Simply put, with Apple's move to x86 companies using Wine now have the potential to displace these small porting firms very quickly. Since Codeweavers is currently the only company of Wine experts out there, I can't think of a better firm to enter this newly changed market. If I were Codeweavers, I'd strongly consider investing in a Cocoa developer and a development kit, and put him to work making a Cocoa version of the Crossover interface. At the very least, I'd give Apple a call and see if they have any desire to help.
And Apple should be helping a lot. Now, I can't be sure if Codeweaver's don't have a secret agreement with Apple already (it would certainly be Apple's style), nor can I be sure that Apple isn't already secretly forking Wine (much like they did with Konqueror).
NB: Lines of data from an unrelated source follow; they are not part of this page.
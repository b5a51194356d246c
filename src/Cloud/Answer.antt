-- ===== src/Cloud/Answer.antt =====
-- lib/CloudSync: what the answer to a sync holds, as the source reads it from the JSON, and what the
-- environment answers meanwhile. A member that is missing or of another type is `none`.
use rfid_access.Base.{
  ℕ, Bool, true, false, List, [], ◌∷◌, map, Option, none, some, if◌then◌else◌, Text, eq_text,
}
use rfid_access.Identity.{to_lower}
use rfid_access.Access.{RosterUpdate, Stamp}

-- The object "firmware"; a missing text is empty.
pub record Offer : Type 0 where
  pub board : Text
  pub version : Text
  pub url : Text
  pub sha : Text

-- The object "schedule" of the configuration, with its defaults.
pub record Window : Type 0 where
  pub enabled : Bool
  pub start_min : ℕ
  pub end_min : ℕ
  pub days_mask : ℕ

-- DoorConfig; `none` where its flag is not set. `reader_mode` is the text of the answer.
pub record DoorConfig : Type 0 where
  pub relay_hold_ms : Option ℕ
  pub result_hold_ms : Option ℕ
  pub schedule : Option Window
  pub door_contact : Option Bool
  pub door_held_sec : Option ℕ
  pub setup_ap : Option Bool
  pub reader_wiegand : Option Bool

-- The answer, with the configuration as it was parsed but for the reader's format.
pub record Response : Type 0 where
  pub server_epoch : ℕ
  pub roster : Option (List RosterUpdate)
  pub roster_rev : Option ℕ
  pub ack_boot_id : ℕ
  pub ack_idx : ℕ
  pub config : Option DoorConfig
  pub reader_mode : Option Text
  pub restart : Option Text
  pub release : Option (Text × ℕ)
  pub release_feed : Text
  pub firmware : Option Offer

-- What the app has wired, the board, the running version, and what the environment answers within
-- one sync: memory for the rows, for replaceAll and for its scratch, the save of the roster, the
-- compaction of the spool, and clock and write at the two calls of append of its own. `config_calls`
-- are the calls of append that the handler of the configuration makes, which Config models: their
-- texts, and clock and write at each.
pub record Env : Type 0 where
  pub board : Text
  pub running : Text
  pub on_config : Bool
  pub on_release : Bool
  pub safe_to_update : Option Bool
  pub got_updates : Bool
  pub got_staged : Bool
  pub scratch : Bool
  pub wrote : Bool
  pub opened : Bool
  pub renamed : Bool
  pub ms : ℕ
  pub config_calls : List (Text × Stamp)
  pub at_roster : Stamp
  pub at_offer : Stamp

-- "wiegand" and "cnd".
abbrev pub wiegand_text : Text
wiegand_text = b'w' ∷ b'i' ∷ b'e' ∷ b'g' ∷ b'a' ∷ b'n' ∷ b'd' ∷ []

abbrev pub cnd_text : Text
cnd_text = b'c' ∷ b'n' ∷ b'd' ∷ []

-- The reader's format of the configuration: one of two texts, whatever their case.
unfoldable pub reader_format : Option Text → Option Bool
reader_format none = none
reader_format (some t) =
    let m = map to_lower t in
    if eq_text m wiegand_text then some true else if eq_text m cnd_text then some false else none

unfoldable pub parse_config : Option DoorConfig → Option Text → Bool → Option DoorConfig
unfolding reader_format
parse_config none mode wired = none
parse_config (some cfg) mode wired =
    if wired then some (record cfg { reader_wiegand = reader_format mode }) else none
However, the point still stands - in about a year's time, when Macs on the x86 are being sold, Longhorn still isn't out, and Wine is a stable, functional, and usable piece of free software, things are really going to shake up.
Now, firms that stand to lose out by this shakeup may be in a bit of a daze right now. They might try and deny it will ever happen, claiming Wine will never be good enough, or usable enough, or whatever, but we can all see the writing on the wall from here - the Mac Porting firm is fundamentally doomed unless they embrace our new, cheaper technology. If I had a bit of capital or a rich friend, I might even buy one of those firms myself, turn them into Wine people, help perfect Wine's gaming support, and conquer the world of porting software to OSX on the cheap.
Being realistic, it's way to early to speculate on a lot of this stuff. Lots of conspiracy theories in the community about Apple and Intel are floating around, but the truth of it seems to be IBM couldn't produce a mobile version of the G5. We're likely a few years away from OS X on Intel being a viable platform with a large enough community for Wine to be actively used.
Meanwhile, Friday saw a group of hackers dusting off Quartdrv and trying to get some things working.